Hmmm, ok let me think.


----------



## Itisi

It could mean something like 'stable/set'...


----------



## mehoul

Itisi said:


> It follows two adjectives which are neutral/positive, (...)



Simple pourrait à la rigueur être vu comme positif mais transparent en général signifie : qu'on ne voit ou ne remarque pas. C'est donc plutôt négatif.


----------



## archijacq

settled ?


----------



## chickenlicken

archijacq said:


> settled ?


I'm closer to understanding the french word, combining @jetset 's and @Itisi 's suggestions, as well as native french speaker suggesting 'un assis' could be a synonym for 'un soumis'.

But still don't have an appropriate english translation. Have pencilled in 'pushover' still.


----------



## mehoul

Ca peut signifier "résigné" (resigned?)


----------



## Itisi

mehoul said:


> transparent en général signifie : qu'on ne voit ou ne remarque pas


I was understanding it as 'ouvert'...

An easy touch'?


----------



## chickenlicken

Itisi said:


> I was understanding it as 'ouvert'...
> 
> An easy touch'?


I understand transparent as 'open', also.


----------



## chickenlicken

mehoul said:


> Ca peut signifier "résigné" (resigned?)

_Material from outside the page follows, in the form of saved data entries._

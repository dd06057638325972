-- ===== src/Runtime/Ledger/Filing.antt =====
-- The items of the ledger are the gateway's own transitions (agent_ros/runtime/controller.py).
use ros2_agent_workflow.Common.{
  some-injective, ℕ, ◌≡◌, ◌⊎◌, refl, sym, subst, ◌∙◌, List, [], ◌∷◌, Option, none, some, arith, inl,
  inr, ◌==◌, Bool-cases, All, ==_iff,
}
use ros2_agent_workflow.Safety.{SafetyState}
use ros2_agent_workflow.Gateway.{Gateway, SafetyTransition, transitions_from}
use ros2_agent_workflow.Audit.Schema.{AuditOperation, AuditOutcome}
use ros2_agent_workflow.Audit.{Mapping}
use ros2_agent_workflow.Runtime.Ledger.{
  Item, Ledger, Pending, Reference, get_pending, pop_pending, owned_transition, item_of,
  register_item, register_transition, infer_gateway_fault, fault_item, first_fault, or_else,
  register_owned, register_made, next_item,
}
use ros2_agent_workflow.Runtime.Ledger.Trace.{
  Whole, Known, find-All, Known-grows, transitions_from-All,
}

-- A pending item is filed under the number of its transition.
abbrev pub Filed : List SafetyTransition → ℕ × Item → Type 0
Filed trace (k, i) = (i.transition.sequence ≡ k) × Known trace i.transition

Filed-get :
    (trace : List SafetyTransition) (n : ℕ) (i : Item) (pending : Pending)
    → All (Filed trace) pending
    → get_pending n pending ≡ some i
    → (i.transition.sequence ≡ n) × Known trace i.transition
unfolding get_pending
Filed-get trace n i [] a h = cc
Filed-get trace n i ((k, j) ∷ pending) a h = elim (Bool-cases (k == n)) [
  | inl e ↦
      let same : some j ≡ some i = rw (e) at h in
      subst (λ (x : Item). (x.transition.sequence ≡ n) × Known trace x.transition)
        (some-injective same) (a.0.0 ∙ (==_iff k n).0 e, a.0.1)
  | inr e ↦ Filed-get trace n i pending a.1 (rw (e) at h)
]

pub Filed-pop :
    (trace : List SafetyTransition) (n : ℕ) (pending : Pending)
    → All (Filed trace) pending
    → All (Filed trace) (pop_pending n pending)
unfolding pop_pending
Filed-pop trace n [] a = tt
Filed-pop trace n ((k, j) ∷ pending) a = elim (Bool-cases (k == n)) [
  | inl e ↦ rw (pop_pending, e) (Filed-pop trace n pending a.1)
  | inr e ↦ rw (pop_pending, e) (a.0, Filed-pop trace n pending a.1)
]

pub Filed-grows :
    (u : SafetyTransition) (state : SafetyState) (trace : List SafetyTransition) (pending : Pending)
    → Whole u.sequence state trace
    → All (Filed trace) pending
    → All (Filed (u ∷ trace)) pending
Filed-grows u state trace [] w a = tt
Filed-grows u state trace ((k, i) ∷ pending) w a = (
  (a.0.0, Known-grows u i.transition state trace w a.0.1),
  Filed-grows u state trace pending w a.1,
)

fault_item-transition : (t : SafetyTransition) (i : Item) → fault_item t ≡ some i → i.transition ≡ t
unfolding fault_item
fault_item-transition t i h = ground arith

first_fault-Known :
    (trace ts : List SafetyTransition) (n : ℕ) (i : Item)
    → All (Known trace) ts
    → first_fault n ts ≡ some i
    → (i.transition.sequence ≡ n) × Known trace i.transition
unfolding first_fault
first_fault-Known trace [] n i a h = cc
first_fault-Known trace (t ∷ ts) n i a h = elim (Bool-cases (t.sequence == n)) [
  | inl e ↦
      subst (λ (x : SafetyTransition). (x.sequence ≡ n) × Known trace x)
        (sym (fault_item-transition t i (rw (e) at h))) ((==_iff t.sequence n).0 e, a.0)
  | inr e ↦ let none_is : none ≡ some i = rw (e) at h in cc
]

or_else-some : (o p : Option Item) (i : Item) → or_else o p ≡ some i → (o ≡ some i) ⊎ (p ≡ some i)
or_else-some none p i h = inr h
or_else-some (some j) p i h = inl h

-- The item that the drain takes has the number that it expects.
pub next_item-Known :
    (g : Gateway) (l : Ledger) (trace : List SafetyTransition) (i : Item)
    → All (Known trace) g.transition_history
    → All (Filed trace) l.pending_audit
    → next_item g l ≡ some i
    → (i.transition.sequence ≡ l.next_audit_sequence) × Known trace i.transition
unfolding next_item infer_gateway_fault
next_item-Known g l trace i a f h =
    let n = l.next_audit_sequence in
    let pending = get_pending n l.pending_audit in
    elim (or_else-some pending (infer_gateway_fault g n) i h) [
      | inl e ↦ Filed-get trace n i l.pending_audit f e
      | inr e ↦
          first_fault-Known trace (transitions_from n g.transition_history) n i
            (transitions_from-All (Known trace) n g.transition_history a) e
    ]

item_of-transition :
    (operation : AuditOperation) (t : SafetyTransition) (d : Option Mapping)
    (outcome : AuditOutcome) (i : Item)
    → item_of operation t d outcome ≡ some i
    → i.transition ≡ t
unfolding item_of
item_of-transition operation t d outcome i h = ground arith

-- What is registered is the gateway's own, and a registration changes the pending items only.
abbrev pub Registered : List SafetyTransition → Ledger → Ledger → Type 0
Registered trace l l' = (p : Pending) × (l' ≡ record l { pending_audit = p }) × All (Filed trace) p

unchanged-Registered :
    (trace : List SafetyTransition) (l : Ledger)
    → All (Filed trace) l.pending_audit
    → Registered trace l l
unchanged-Registered trace l f = (l.pending_audit, refl, f)

register_item-cases :
    (l : Ledger) (i : Item)
    → ((register_item l i).0 ≡ l)
      ⊎ ((register_item l i).0 ≡ record l {
        pending_audit =
            (i.transition.sequence, i) ∷ pop_pending i.transition.sequence l.pending_audit;
      })
unfolding register_item
register_item-cases l i = ground arith

register_item-Registered :
    (l : Ledger) (i : Item) (trace : List SafetyTransition)
    → Known trace i.transition
    → All (Filed trace) l.pending_audit
    → Registered trace l (register_item l i).0
register_item-Registered l i trace k f = elim (register_item-cases l i) [
  | inl e ↦ (l.pending_audit, e, f)
  | inr e ↦
      let n = i.transition.sequence in
      ((n, i) ∷ pop_pending n l.pending_audit, e, ((refl, k), Filed-pop trace n l.pending_audit f))
]

register_made-Registered :
    (l : Ledger) (o : Option Item) (trace : List SafetyTransition)
    → ((i : Item) → o ≡ some i → Known trace i.transition)
    → All (Filed trace) l.pending_audit
    → Registered trace l (register_made l o).0
unfolding register_made
register_made-Registered l none trace k f = unchanged-Registered trace l f
register_made-Registered l (some i) trace k f = register_item-Registered l i trace (k i refl) f

register_owned-Registered :
    (l : Ledger) (operation : AuditOperation) (d : Option Mapping) (outcome : AuditOutcome)
    (o : Option SafetyTransition) (trace : List SafetyTransition)
    → ((t : SafetyTransition) → o ≡ some t → Known trace t)
    → All (Filed trace) l.pending_audit
    → Registered trace l (register_owned l operation d outcome o).0
unfolding register_owned
register_owned-Registered l operation d outcome none trace k f = unchanged-Registered trace l f
register_owned-Registered l operation d outcome (some t) trace k f =
    register_made-Registered l (item_of operation t d outcome) trace
      (λ i e. subst (Known trace) (sym (item_of-transition operation t d outcome i e)) (k t refl)) f

owned-Known :
    (g : Gateway) (trace : List SafetyTransition) (reference : Reference) (t : SafetyTransition)
    → All (Known trace) g.transition_history
    → owned_transition g reference ≡ some t
    → Known trace t
unfolding owned_transition
owned-Known g trace Reference.foreign t a h = cc
owned-Known g trace (Reference.own n) t a h = find-All (Known trace) n t g.transition_history a h

pub register-Registered :
    (g : Gateway) (l : Ledger) (trace : List SafetyTransition) (operation : AuditOperation)
    (reference : Reference) (d : Option Mapping) (outcome : AuditOutcome)
    → All (Known trace) g.transition_history
    → All (Filed trace) l.pending_audit
    → Registered trace l (register_transition g l operation reference d outcome).0
unfolding register_transition
register-Registered g l trace operation reference d outcome a f =
    register_owned-Registered l operation d outcome (owned_transition g reference) trace
      (λ t h. owned-Known g trace reference t a h) f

Mais comme nom? On ne peut pas dire 'this resigned'...


----------



## Itisi

chickenlicken said:


> On ne peut pas dire 'this resigned'...


Once you have determined what it means, you just say that in English, what else can you do!


----------



## mehoul

Cet emploi de l'adjectif assis comme substantif n'est pas du tout commun en français, donc il nous faut en deviner le sens. Je le comprends comme opposé à debout, et on est debout typiquement quand on se bat pour quelque-chose, donc un assis serait quelqu'un qui ne se bat pas, qui est découragé ou résigné. Il est vrai que le plus souvent on prend "à genoux" comme opposé de debout, comme dans la phrase célèbre : il vaut mieux mourir debout que vivre à genoux (peut-être...)


----------



## chickenlicken

Ok, here's my idea. The word seems to be more-or-less invented by the writer. How about, si nous prenons cette dernière réponse de @mehoul en compte, plutôt d'être 'un debout' - an up-in-arms - the personnage is 'an assis' - translation 'down-in-arms'? Which might also fit the interpretation given by @jetset


----------



## chickenlicken

I'm going with:

'But by dint of submitting to daily humiliation, this simple, transparent man, _this down-in-arms, _our XXX, will conceive and finance the very worst of crimes...' 

Thank you everybody for your input. I love this forum.


----------



## Itisi

'debout' just does _not _mean 'up-in-arms', and I have never heard of 'down-in-arms', and even less of '*a* down-in-arms'! This certainly doesn't sound like English, and a translation into English needs to sound like English.


----------



## Locape

But "un assis" doesn't sound french either ! It really seems to be invented, so maybe you can invent a word of your own. I understand that it has to be comprehensible by english speakers, but it can sound a little strange. For me, I hear "assis" as 'résigné, soumis, apathique, passif, amorphe'...


----------



## Itisi

I understand that,* Locape*, but to me, 'un assis' _does_ sound French, whereas 'a down-in-arms' doesn't sound English. In French, you can get away with putting an article in front of 'assis' and making it into a noun, but in English, it sounds much more than "a little strange". And 'debout' doesn't even mean 'up-in-arms', anyway.


----------



## Locape

Indeed, if it sounds more than a little strange, then 'down-in-arms' isn't a proper choice, I trust you, because I have no idea how it sounds and mean in english! 😊


----------



## Itisi

Out of interest:



*up in arms* _adj_ _figurative, informal_ (offended, outraged)outré, scandalisé, révolté _adj_ They were up in arms because somebody had been stealing things from houses in their neighborhood. Ils étaient outrés (_or: _ scandalisés, _or: _ révoltés) parce que quelqu'un volait dans les maisons de leur quartier.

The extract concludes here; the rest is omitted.